A heavyweight Chancery tribunal of the Court of Appeal (the Master of the Rolls, David Richards LJ and Newey LJ) today handed down judgment in the case of Thirunavukkrasu v Brar  EWCA Civ 2032.
The case considered the important question of whether or not a commercial landlord exercising CRAR pursuant to the Tribunals, Courts and Enforcements Act 2007, waives the right to forfeit for the arrears that the CRAR is based upon. The Court unanimously agreed with Aaron Walder, counsel for the Respondent, that the exercise of CRAR does amount to a waiver of the right to forfeit.
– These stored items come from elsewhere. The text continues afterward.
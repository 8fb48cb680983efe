-- ===== src/FailManager/Permanent.antt =====
-- src/server/failmanager.rs: a window of negative length, which is what a permanent `findtime` becomes.
use rail2ban.Prelude.{
  ℕ, ◌≤◌, ◌≡◌, refl, ap, ◌∙◌, Bool, false, none, List, [], ◌∷◌, ◌++◌, inl, inr, Str, arith, length,
  Bool-cases, if◌then◌else◌, retain, str_eq, str_eq_iff, All, is_some, not, ◌&&◌, leb,
}
use rail2ban.Prelude.Dict
use rail2ban.Prelude.Int.{pos, ◌-ℤ◌, ◌≤ℤ◌, ◌<ℤ◌, int_laws, leb_ℤ→≤ℤ}
use rail2ban.Clock.{DateTime, seconds, as_u32, as_i64, u64_max}
use rail2ban.FailManager.{FailManager, new, host_of, add_failure}
use rail2ban.FailManager.Window.{
  Observation, at, since, times_of, observe, note, Ordered, times-add_failure, times_others,
  host_of_single, observe-config, is_some-add_failure,
}

-- Every failure that is held happened by the instant.
abbrev Past : DateTime → List DateTime → Type 0
Past t = All (λ x. x ≤ℤ t)

Past-later : (t u : DateTime) (xs : List DateTime) → t ≤ℤ u → Past t xs → Past u xs
Past-later t u [] h p = tt
Past-later t u (x ∷ xs) h p = (omega arith, Past-later t u xs h p.1)

since_none : (f : FailManager) (t x : DateTime) → f.findtime <ℤ pos 0 → x ≤ℤ t → since f t x ≡ false
since_none f t x back h = elim (Bool-cases (since f t x)) [
  | inl e ↦ absurd (omega (int_laws, leb_ℤ→≤ℤ (t -ℤ f.findtime) x e))
  | inr e ↦ e
]

retain-since :
    (f : FailManager) (t : DateTime) (xs : List DateTime)
    → f.findtime <ℤ pos 0
    → Past t xs
    → retain (since f t) xs ≡ []
unfolding retain
retain-since f t [] back p = refl
retain-since f t (x ∷ xs) back p = rw (since_none f t x back p.0) (retain-since f t xs back p.1)

-- A match leaves at most itself on the ticket of its host.
note_small : (o : Observation) → length (note o []) ≤ 1
note_small o = ground arith

Past-note : (o : Observation) → Past (at o) (note o [])
Past-note o = elim (Bool-cases o.0.mlfgained) [
  | inl e ↦ rw e tt
  | inr e ↦ rw e (elim (Bool-cases o.0.nofail) [ inl n ↦ rw n tt | inr n ↦ rw n (omega arith, tt) ])
]

times_step :
    (f : FailManager) (o : Observation)
    → f.findtime <ℤ pos 0
    → Past (at o) (times_of f (host_of f o.0))
    → times_of (add_failure f o.0 o.1).0 (host_of f o.0) ≡ note o []
times_step f o back p =
    times-add_failure f o ∙ ap (note o) (retain-since f (at o) (times_of f (host_of f o.0)) back p)

-- All tickets hold failures of the past only.
abbrev AllPast : FailManager → DateTime → Type 0
AllPast f t = (h : Str) → Past t (times_of f h)

add_failure-AllPast :
    (f : FailManager) (o : Observation) (t : DateTime)
    → f.findtime <ℤ pos 0
    → o.0.mlfid ≡ none
    → t ≤ℤ at o
    → AllPast f t
    → AllPast (add_failure f o.0 o.1).0 (at o)
add_failure-AllPast f o t back single later p h = elim (Bool-cases (str_eq o.0.host h)) [
  | inl own ↦
      let same : host_of f o.0 ≡ h = host_of_single f o.0 single ∙ (str_eq_iff o.0.host h).0 own in
      let step = times_step f o back (Past-later t (at o) _ later (p (host_of f o.0))) in
      rw (rw same at step) (Past-note o)
  | inr other ↦ rw (times_others f o h single other) (Past-later t (at o) _ later (p h))
]

observe-AllPast :
    (f : FailManager) (os : List Observation) (o : Observation) (t : DateTime)
    → f.findtime <ℤ pos 0
    → Ordered t (os ++ o ∷ [])
    → AllPast f t
    → AllPast (observe f os) (at o)
unfolding observe add_failure
observe-AllPast f [] o t back d p = λ h. Past-later t (at o) _ d.1 (p h)
observe-AllPast f (q ∷ os) o t back d p =
    observe-AllPast (add_failure f q.0 q.1).0 os o (at q) back d.2
      (add_failure-AllPast f q t back d.0 d.1 p)

-- With a permanent `findtime`, whose -1 reaches the manager as a window of minus one second, no match
-- is ever reported, if two failures or more are asked for: on matches of no MLFID that come in the
-- order of their instants, each failure is dropped before the next is counted.
pub observe_never_reports :
    (maxretry maxmatches : ℕ) (start : DateTime) (os : List Observation) (o : Observation)
    → 2 ≤ maxretry
    → Ordered start (os ++ o ∷ [])
    → (add_failure (observe (new maxretry (as_i64 u64_max) maxmatches) os) o.0 o.1).1 ≡ none
unfolding new as_i64 seconds Dict.lookup
observe_never_reports maxretry maxmatches start os o two d =
    let f0 = new maxretry (as_i64 u64_max) maxmatches in
    let f = observe f0 os in
    let (same, asked) = observe-config f0 os in
    let back : f.findtime <ℤ pos 0 = rw same (omega arith) in
    let past = observe-AllPast f0 os o start (omega arith) d (λ h. tt) in
    let held = times_step f o back (past (host_of f o.0)) in
    let unreported : is_some (add_failure f o.0 o.1).1 ≡ false =
      rw (is_some-add_failure f o, held, asked)
        (few o.0.mlfgained o.0.nofail maxretry _ two (note_small o)) in
    ground arith
  where
    few :
        (gained nofail : Bool) (maxretry n : ℕ)
        → 2 ≤ maxretry
        → n ≤ 1
        → (if gained then false else not nofail && leb maxretry (as_u32 n)) ≡ false
    few gained nofail maxretry n h k = ground arith
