-- ===== src/Filter/Buffer.antt =====
-- src/filter/mod.rs: the multi-line buffer against the last lines of a list.
use rail2ban.Prelude.{
  ℕ, zero, suc, ◌+◌, ◌-◌, ◌≤◌, ◌≡◌, refl, sym, ap, ◌∙◌, List, [], ◌∷◌, ◌++◌, inl, inr, Str, arith,
  Bool-cases, length, drop, length-append, length-drop, ltb, max, append_assoc, append-nil,
}
use rail2ban.Filter.{LineBuffer, new_buffer, evict, push}

-- The loop drops exactly the oldest lines that are too many.
evict-drop : (cap : ℕ) (ls : List Str) → evict cap ls ≡ drop (length ls - cap) ls
unfolding evict
evict-drop cap [] = ground arith
evict-drop cap (l ∷ ls) = elim (Bool-cases (ltb cap (length (l ∷ ls)))) [
  | inl over ↦
      let e : suc (length ls) - cap ≡ suc (length ls - cap) = ground arith in
      rw (over, e) (evict-drop cap ls)
  | inr fits ↦ rw fits (let e : suc (length ls) - cap ≡ 0 = ground arith in rw e refl)
]

drop-append : (n : ℕ) (xs ys : List Str) → n ≤ length xs → drop n (xs ++ ys) ≡ drop n xs ++ ys
drop-append zero xs ys h = refl
drop-append (suc n) [] ys h = absurd (omega arith)
drop-append (suc n) (x ∷ xs) ys h = drop-append n xs ys (omega arith)

abbrev no_lines : List Str
no_lines = []

drop-nil : (n : ℕ) → drop n no_lines ≡ no_lines
drop-nil zero = refl
drop-nil (suc n) = refl

drop-drop : (m n : ℕ) (xs : List Str) → drop m (drop n xs) ≡ drop (n + m) xs
drop-drop m zero xs = let e : 0 + m ≡ m = omega arith in rw e
drop-drop m (suc n) [] = drop-nil m ∙ sym (drop-nil (suc n + m))
drop-drop m (suc n) (x ∷ xs) =
    let e : suc n + m ≡ suc (n + m) = omega arith in rw e (drop-drop m n xs)

unfoldable pub push_all : LineBuffer → List Str → LineBuffer
push_all b [] = b
push_all b (l ∷ ls) = push_all (push b l) ls

-- The last `cap` lines of a list.
abbrev pub last_lines : ℕ → List Str → List Str
last_lines cap ls = drop (length ls - cap) ls

last_lines-append :
    (cap : ℕ) (xs ys : List Str)
    → last_lines cap (last_lines cap xs ++ ys) ≡ last_lines cap (xs ++ ys)
last_lines-append cap xs ys =
    let n = length xs - cap in
    let long = length-drop n xs in
    rw (← drop-append n xs ys (omega arith), drop-drop)
      (ap (λ k. drop k (xs ++ ys)) (omega (arith, length-append xs ys, length-drop n (xs ++ ys))))

push_all_from :
    (b : LineBuffer) (seen ls : List Str)
    → b.lines ≡ last_lines b.maxlines seen
    → ((push_all b ls).lines ≡ last_lines b.maxlines (seen ++ ls))
      × ((push_all b ls).maxlines ≡ b.maxlines)
unfolding push_all push
push_all_from b seen [] e = (e ∙ ap (last_lines b.maxlines) (sym (append-nil seen)), refl)
push_all_from b seen (l ∷ ls) e =
    let (lines, cap) = push_all_from (push b l) (seen ++ l ∷ []) ls (
      evict-drop b.maxlines (b.lines ++ l ∷ [])
      ∙ ap (λ x. last_lines b.maxlines (x ++ l ∷ [])) e
      ∙ last_lines-append b.maxlines seen (l ∷ [])) in
    (lines ∙ ap (last_lines b.maxlines) (append_assoc seen (l ∷ []) ls), cap)

-- A new buffer that lines are pushed into holds the last `maxlines` of them, in their order, and of a
-- `maxlines` of 0 the last one; so there are never more.
pub push_all-new :
    (maxlines : ℕ) (ls : List Str)
    → ((push_all (new_buffer maxlines) ls).lines ≡ last_lines (max maxlines 1) ls)
      × (length (push_all (new_buffer maxlines) ls).lines ≤ max maxlines 1)
unfolding new_buffer
push_all-new maxlines ls =
    let (lines, _) = push_all_from (new_buffer maxlines) [] ls (ground arith) in
    (lines, rw lines (omega (arith, length-drop (length ls - max maxlines 1) ls)))
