-- ===== src/Filter/Fails.antt =====
-- src/filter/tags.rs: how the translation of tags fails, and that its loop ends on the fuel that it has.
use rail2ban.Prelude.{
  ℕ, zero, suc, ◌≤◌, ◌≡◌, refl, inl, inr, Bool-cases, ◌==◌, Option, none, some, Option-cases, [],
  ◌∷◌, Str, length, arith, split_once, strip_prefix,
}
use rail2ban.Prelude.Pieces.{split_once-shorter}
use rail2ban.Error.{Error, Result, ok, err, ◌>>=◌}
use rail2ban.Filter.Tags.{
  FTag, CompiledTag, is_single, slash_name, find, tag_named, opened, match_tag, expand_tag, found,
  compile_from, compile_tags,
}

-- Its error, if there is one, is of the regex kind.
abbrev FailsAsRegex {ℓ} : {A : Type ℓ} → Result A → Type 0
FailsAsRegex (ok a) = Unit {0}
FailsAsRegex (err e) = e ≡ Error.regex

bind-FailsAsRegex {ℓ κ} :
    {A : Type ℓ} {B : Type κ} (r : Result A) (f : A → Result B)
    → FailsAsRegex r
    → ((a : A) → FailsAsRegex (f a))
    → FailsAsRegex (r >>= f)
bind-FailsAsRegex (ok a) f h k = k a
bind-FailsAsRegex (err e) f h k = h

-- What a tag encloses and what is behind it are no longer than `n`.
abbrev Fits : ℕ → Result (Option (FTag × Str × Str)) → Type 0
Fits n (err e) = e ≡ Error.regex
Fits n (ok none) = Unit {0}
Fits n (ok (some (t, inner, behind))) = (length inner ≤ n) × (length behind ≤ n)

length-strip_prefix-le : (p s r : Str) → strip_prefix p s ≡ some r → length r ≤ length s
unfolding strip_prefix
length-strip_prefix-le [] s r h = ground arith
length-strip_prefix-le (c ∷ p) [] r h = absurd (cc h)
length-strip_prefix-le (c ∷ p) (x ∷ s) r h = elim (Bool-cases (c == x)) [
  | inl e ↦
      let shorter = length-strip_prefix-le p s r (let g = rw e at h in g) in omega (arith, shorter)
  | inr e ↦ absurd (let g = rw e at h in cc g)
]

length-find-le :
    (p s a b : Str) → find p s ≡ some (a, b) → (length a ≤ length s) × (length b ≤ length s)
unfolding find
length-find-le p [] a b h = absurd (cc h)
length-find-le p (c ∷ s) a b h = elim (Option-cases (strip_prefix p (c ∷ s))) [
  | inr (r, e) ↦
      let shorter = length-strip_prefix-le p (c ∷ s) r e in
      let same : some ([], r) ≡ some (a, b) = rw (e, find) at h in ground arith
  | inl e ↦ elim (Option-cases (find p s)) [
    | inl g ↦ absurd (let same = rw (e, find, g) at h in cc same)
    | inr ((x, y), g) ↦
        let shorter = length-find-le p s x y g in
        let same : some (c ∷ x, y) ≡ some (a, b) = rw (e, find, g) at h in ground arith
  ]
]

opened-Fits : (n : ℕ) (s : Str) (o : Option FTag) → length s ≤ n → Fits n (opened s o)
opened-Fits n s none l = tt
opened-Fits n s (some t) l = elim (Bool-cases (is_single t)) [
  | inl e ↦ rw e (omega arith, l)
  | inr e ↦ elim (Option-cases (find (b'<' ∷ slash_name t) s)) [
    | inl g ↦ rw (e, g) refl
    | inr ((a, b), g) ↦
        let (x, y) = length-find-le (b'<' ∷ slash_name t) s a b g in
        rw (e, g) (omega (arith, x, l), omega (arith, y, l))
  ]
]

match_tag-Fits : (s : Str) → Fits (length s) (match_tag s)
unfolding match_tag
match_tag-Fits s = elim (Option-cases (split_once (λ c. c == b'>') s)) [
  | inl e ↦ rw e refl
  | inr ((n, after), e) ↦
      let shorter = split_once-shorter (λ c. c == b'>') s n after e in
      rw e (opened-Fits (length s) after (tag_named n) (omega (arith, shorter)))
]

abbrev Below : (Str → Result CompiledTag) → ℕ → Type 0
Below go n = (s : Str) → length s ≤ n → FailsAsRegex (go s)

expand_tag-FailsAsRegex :
    (go : Str → Result CompiledTag) (t : FTag) (inner : Str)
    → FailsAsRegex (go inner)
    → FailsAsRegex (expand_tag go t inner)
unfolding expand_tag
expand_tag-FailsAsRegex go t inner h = elim (Bool-cases (is_single t)) [
  | inl e ↦ rw e tt
  | inr e ↦ rw e (bind-FailsAsRegex (go inner) _ h (λ c. tt))
]

found-FailsAsRegex :
    (go : Str → Result CompiledTag) (n : ℕ) (s : Str) (m : Result (Option (FTag × Str × Str)))
    → Below go n
    → length s ≤ n
    → Fits (length s) m
    → FailsAsRegex (found go s m)
unfolding found
found-FailsAsRegex go n s (err e) h l f = f
found-FailsAsRegex go n s (ok none) h l f = bind-FailsAsRegex (go s) _ (h s l) (λ r. tt)
found-FailsAsRegex go n s (ok (some (t, inner, behind))) h l f =
    bind-FailsAsRegex (expand_tag go t inner) _
      (expand_tag-FailsAsRegex go t inner (h inner (omega (arith, f.0, l))))
      (λ p. bind-FailsAsRegex (go behind) _ (h behind (omega (arith, f.1, l))) (λ r. tt))

compile_from-FailsAsRegex : (n : ℕ) → Below (compile_from n) n
unfolding compile_from
compile_from-FailsAsRegex n [] l = tt
compile_from-FailsAsRegex zero (c ∷ s) l = absurd (omega arith)
compile_from-FailsAsRegex (suc n) (c ∷ s) l = elim (Bool-cases (c == b'<')) [
  | inl e ↦ rw e (
      found-FailsAsRegex (compile_from n) n s (match_tag s) (compile_from-FailsAsRegex n)
        (omega arith) (match_tag-Fits s))
  | inr e ↦ rw e (
      bind-FailsAsRegex (compile_from n s) _ (compile_from-FailsAsRegex n s (omega arith))
        (λ r. tt))
]

-- When the tags of a text cannot be translated, the error is of the regex kind: the fuel is enough.
pub compile_tags-fails : (s : Str) (e : Error) → compile_tags s ≡ err e → e ≡ Error.regex
unfolding compile_tags
compile_tags-fails s e h =
    let fails = compile_from-FailsAsRegex (length s) s (omega arith) in
    let kind : e ≡ Error.regex = rw h at fails in kind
In a unanimous judgment, the Court held that simply because in certain circumstances CRAR can be exercised after the end of the lease, that does not mean that the exercise of CRAR is not an unequivocal act manifesting a concluded decision to affirm the existence of the lease. Indeed, the Court of Appeal went somewhat further than Marcus Smith J did at first instance, because the judge was willing to entertain the possibility that there could be circumstances where CRAR could be exercised but waiver avoided. In the Court of Appeal’s view, where forfeiture was the only way the lease (which had many years to run and was not excluded from the protection of the Landlord and Tenant Act 1954) could be brought to an end, CRAR must amount to a waiver.
The Court also held that because the Landlord had failed to properly exercise CRAR, by failing to give the requisite notice, that did not affect the waiver. Simply because the CRAR was not lawful was no less an indication of the Landlord’s state of mind.
Finally, the Court gave some consideration to section 210 of the Common Law Procedure Act 1852, and the interaction between that Act and CRAR. The Court of Appeal recognised that a right exists after CRAR is exercised to utilise that Act to apply for possession under a new, original and independent right. However, given that is a fundamentally different right, it does not assist with the question of waiving the right to forfeit under the re-entry provisions of lease. In effect, s.210 provides the landlord with a statutory defence to a claim of waiver, in circumstances when a landlord proceeds using that Act, but has no application when they seek to re-enter under the terms of the Lease.
In a detailed judgment, the Court of Appeal considered the law of waiver of the right to forfeit from as far back as the Landlord and Tenant Act 1709, and the authorities over the centuries, to arrive at a decision that definitively clarifies the exercise of CRAR as waiving the right to forfeit the lease.
The judgment is available here.
Aaron Walder acted throughout for the Tenant.